On this day in 1944, the last survivor of USS Leopold is pulled from a frigid Atlantic Ocean. Amazingly, 28 men had survived—for hours—in ocean waters that hovered just 15 degrees above freezing.

But could those men have been rescued earlier? More certainly would have survived, if so.

USS Leopold's launch in Orange, Texas (June 1943)

Close to 200 men had been serving aboard Leopold, a Coast Guard-manned destroyer then accompanying a convoy between the United States and the United Kingdom. Or, at least, it was until Leopold’s sonar detected a submarine at about 7:50 p.m. on March 9.

The crew rushed to battle stations. Within a matter of minutes, star shells and tracers lit up the night sky. The German submarine got off one torpedo then went into a steep dive.

“We look up and there is a sub in front of us,” gunner Nelson “Sparky” Nersasian later described, “everybody’s yelling, ‘Get those bastards. Kill them. Kill them.’ . . . someone says, ‘Torpedo,’ and there we are wide open. Absolutely no defense. Bang. Explosion. Thought I would never hear another sound in my life.”

“I was blown right out of my shoes,” S1c Troy Cowers agreed, “and into a life net a dozen feet away.” Meanwhile, S1c Richard Navotyn was badly injured, breaking his back in two places. It would be hours before he realized it, though. “I don’t even remember the explosion,” he later said, “one second I was at my battle station and the next I came to in the water, swimming toward a life raft.”

He was swimming with only his right arm. He couldn’t move his left arm or his legs.

Meanwhile, other parts of the ship were eerily calm. Some of the Coast Guardsmen weren’t even sure what had happened. Had a gun malfunctioned? When S2c Gale Fuller was ordered to put the depth charges in “safe” mode, he was puzzled. Was the ship going down?

But then the power went out—and the ship started to buckle. S2c Warren Young soon noticed something else awry: Two torpedoes had been pushed out of their launchers and were lying partially loose. He later told a Board of Inquiry that they “were smoking or steaming a little bit.”

Would things have turned out differently but for the loose torpedoes?

By this point, USS Joyce was steaming toward Leopold. Its captain, Robert Wilcox, didn’t yet know that Leopold was hit, but he knew that Leopold had stopped responding to communications. As he got closer, Wilcox saw that “Leopold’s back was broken, and she was sagging badly. . . .”

Leopold’s crew was abandoning ship.

Men were grabbing life vests and jumping into the water, but they weren’t coming up. Instant exposure to such cold water was too much for their bodies to handle. Chief Quartermaster Richard Graham began shouting instructions to enter the water more slowly, and he rigged a line over the side of the boat so men could use it to ease into the water.

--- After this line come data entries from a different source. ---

-- ===== src/Manager/Lifecycle.antt =====
-- What the handlers do to the session that they name, proved on its cell and carried over.
pub mod Creation
pub mod Routes
use aira_relay.Base.{
  ℕ, Bool, true, false, not, ◌&&◌, ◌||◌, if◌then◌else◌, Option, none, some, is_some, get_or, Text,
  text_eq, ◌≡◌, ◌≢◌, refl, sym, subst, ap, ◌∙◌, arith, chain, Option-cases, inl, inr,
}
use mathlib.Core.Option
use aira_relay.Base.Results.{
  Error, not_found, unprocessable, internal, Result, ok, err, M, is_ok, pure, ◌>>=◌, ◌>>◌, require,
  when,
}
use aira_relay.Session.{
  Session, Status, starting, stopped, failed, new_session, start, stop, set_status,
}
use aira_relay.Manager.{
  SessionConfig, empty_config, Database, Runtime, World, ServerConfig, Answers,
}
use aira_relay.Manager.Cells.{
  Cell, view, Simulates, simulate, cell_exists, cell_upsert, cell_delete, cell_prepare, cell_run,
  cell_start, cell_stop, cell_unpair, cell_logout, cell_assign, cell_unassign, without,
  account_after,
}
use aira_relay.Manager.Operations.{dto}
use aira_relay.Manager.Settings.{ignore_chats_config, get_webhooks}
use aira_relay.Manager.Controller.{
  plus, cells, create, update, delete_session, start_route, stop_route, logout_route, restart,
}
use aira_relay.Manager.Handlers.{
  create-Refines, update-Refines, delete_session-Refines, start_route-Refines, stop_route-Refines,
  logout_route-Refines, restart-Refines,
}

-- Nothing is kept of a session.
abbrev pub empty_cell : Cell
empty_cell = record { config = none; me = none; worker = none; auth = false; runtime = none }

-- The collaborators of a start all answer.
pub record Ready (answers : Answers) (name : Text) : Type 0 where
  pub media : answers.media_ready name ≡ true
  pub before : answers.before_start name ≡ true
  pub engine : answers.session_start name ≡ true
  pub after : answers.after_start name ≡ true
  pub apps : answers.sync_apps name ≡ true

abbrev pub status_of : Cell → Option Status
status_of c = Option.map (λ (r : Runtime). r.session.status) c.runtime

abbrev pub running_config : Cell → Option SessionConfig
running_config c = chain c.runtime (λ r. r.config)

cell_operations : Unit {0}
unfolding cell_upsert cell_delete cell_prepare cell_run cell_start cell_stop cell_unpair cell_logout
    cell_assign cell_unassign start stop set_status new_session
cell_operations = tt

-- A step that succeeds hands its result on.
pub bind_ok :
    {S A B : Type 0} (m : M S A) (f : A → M S B) {s t : S} {a : A}
    → ◌≡◌ {A = S × Result A} (m s) (t, ok a)
    → ◌≡◌ {A = S × Result B} ((m >>= f) s) (f a t)
bind_ok {S} {A} {B} m f {s} e = ap (λ (p : S × Result A). ((λ (u : S). p) >>= f) s) e

module _ (server : ServerConfig) (answers : Answers) (name : Text) where
  -- The session object of a start that succeeds.
  abbrev pub fresh_runtime : Option SessionConfig → Runtime
  fresh_runtime config = record {
    session = start (new_session name);
    config = config;
    proxy = none;
    ignore = ignore_chats_config server config;
    webhooks = get_webhooks server config;
  }

  -- A start that all collaborators answer, of a session that is not in memory.
  pub start-Ready :
      (c : Cell)
      → Ready answers name
      → let k = record c { runtime = none } in
        cell_start server answers name k ≡ (
          record k { runtime = some (fresh_runtime c.config) },
          ok (dto name (fresh_runtime c.config)),
        )
  unfolding cell_operations
  start-Ready c h = rw (h.media, h.before, h.engine, h.after) refl

  pub fresh_status :
      (config : Option SessionConfig) → (fresh_runtime config).session.status ≡ starting
  unfolding cell_operations
  fresh_status config = refl

  stop_silent :
      (c : Cell)
      → cell_stop server answers name true c
        ≡ (record c { runtime = none; me = account_after c }, ok tt)
  unfolding cell_stop
  stop_silent c = elim (Option-cases c.runtime) [ inl e ↦ ground arith | inr (r, e) ↦ ground arith ]

  pub delete_cell :
      (c : Cell)
      → answers.remove_apps name ≡ true
      → let (d, r) = delete_session (cells server answers) answers name c in
        (r ≡ ok tt) × (d ≡ empty_cell)
  unfolding delete_session cell_operations
  delete_cell c h = ground arith

  -- What an update leaves, of a session whose configuration is kept.
  abbrev pub UpdateKeeps : Option SessionConfig → Cell → Cell × Result (Unit {0}) → Type 0
  UpdateKeeps config c (d, r) =
      (r ≡ ok tt)
      × (d.config ≡ some (get_or config empty_config))
      × (is_some d.runtime ≡ is_some c.runtime)
      × (running_config d ≡ (if is_some c.runtime then d.config else none))
      × (d.me ≡ account_after c)
      × (d.auth ≡ c.auth)
      × (d.worker ≡ c.worker)

  pub update_cell :
      (config : Option SessionConfig) (apps : Bool) (old : SessionConfig) (runtime : Option Runtime)
      (c : Cell)
      → Ready answers name
      → let k = record c { config = some old; runtime = runtime } in
        UpdateKeeps config k (update (cells server answers) answers name config apps k)
  unfolding update cell_exists cell_operations
  update_cell config true old none c h = ground arith
  update_cell config true old (some r) c h = ground arith
  update_cell config false old none c h = ground arith
  update_cell config false old (some r) c h = ground arith

  pub create_existing_cell :
      (config : Option SessionConfig) (apps start : Bool) (old : SessionConfig) (c : Cell)
      → let k = record c { config = some old } in
        create (cells server answers) answers name config apps start k ≡ (k, err unprocessable)
  unfolding create cell_exists
  create_existing_cell config apps start old c = refl

  -- What a logout leaves, of a session whose configuration is kept.
  abbrev pub LogoutKeeps : Cell → Cell × Result (Unit {0}) → Type 0
  LogoutKeeps c (d, r) =
      (r ≡ ok tt)
      × (d.auth ≡ false)
      × (d.me ≡ none)
      × (status_of d ≡ (if is_some c.runtime then some starting else none))
      × (d.config ≡ c.config)
      × (d.worker ≡ c.worker)

  pub logout_cell :
      (old : SessionConfig) (runtime : Option Runtime) (c : Cell)
      → Ready answers name
      → let k = record c { config = some old; runtime = runtime } in
        LogoutKeeps k (logout_route (cells server answers) answers name k)
  unfolding logout_route cell_exists cell_operations
  logout_cell old none c h = ground arith
  logout_cell old (some r) c h = ground arith

  -- What a restart leaves.
  abbrev pub RestartMakes : Cell → Cell × Result (Unit {0}) → Type 0
  RestartMakes c (d, r) =
      (r ≡ ok tt)
      × (status_of d ≡ some starting)
      × (running_config d ≡ c.config)
      × (d.worker ≡ some server.worker_id)
      × (d.config ≡ c.config)
      × (d.me ≡ account_after c)
      × (d.auth ≡ c.auth)

  pub restart_cell :
      (old : SessionConfig) (runtime : Option Runtime) (c : Cell)
      → Ready answers name
      → let k = record c { config = some old; runtime = runtime } in
        RestartMakes k (restart (cells server answers) answers name k)
  unfolding restart cell_exists cell_assign
  restart_cell old runtime c h =
      let k = record c { config = some old; runtime = runtime } in
      let assigned = record k { worker = some server.worker_id } in
      subst (RestartMakes k)
        (sym (
          bind_ok (cell_stop server answers name true)
            (λ _. cell_start server answers name >> pure tt) (stop_silent assigned)
          ∙ bind_ok (cell_start server answers name) (λ _. pure tt)
              (start-Ready (record assigned { me = account_after assigned }) h)))
        (refl, ap some (fresh_status (some old)), refl, refl, refl, refl, refl)

  -- What a stop that the engine refuses leaves, and a start after it.
  abbrev pub RefusedStop : Cell → Cell × Result (Unit {0}) → Cell × Result (Unit {0}) → Type 0
  RefusedStop c (d, r) (e, s) =
      (r ≡ err internal)
      × (s ≡ ok tt)
      × (status_of d ≡ some stopped)
      × (e.runtime ≡ d.runtime)
      × (e.config ≡ c.config)
      × (e.worker ≡ some server.worker_id)

  pub stop_failed_cell :
      (old : SessionConfig) (r : Runtime) (c : Cell)
      → answers.session_stop name ≡ false
      → let k = record c { config = some old; runtime = some r } in
        let d = stop_route (cells server answers) answers name k in
        RefusedStop k d (start_route (cells server answers) answers name d.0)
  unfolding stop_route start_route cell_exists cell_operations
  stop_failed_cell old r c h = ground arith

Nersasian was among those who took the Chief’s advice. “I go down the rope,” he said, “and this Polish kid is coming after me, a big son-of-a-gun. . . . His feet are on my shoulders.” He was never sure how he got out from under that guy, but he did. Nersasian found a life raft.

He was lucky. There were only enough rafts for about one-third of the crew.

Joyce was preparing to retrieve survivors when its sonar picked up an unwanted noise: a torpedo. Wilcox had no choice. He had to leave—and fast. He grabbed a bullhorn and yelled over his shoulder toward the Leopold survivors: “We are dodging torpedoes. God bless you. We will be back.”

The story continues tomorrow.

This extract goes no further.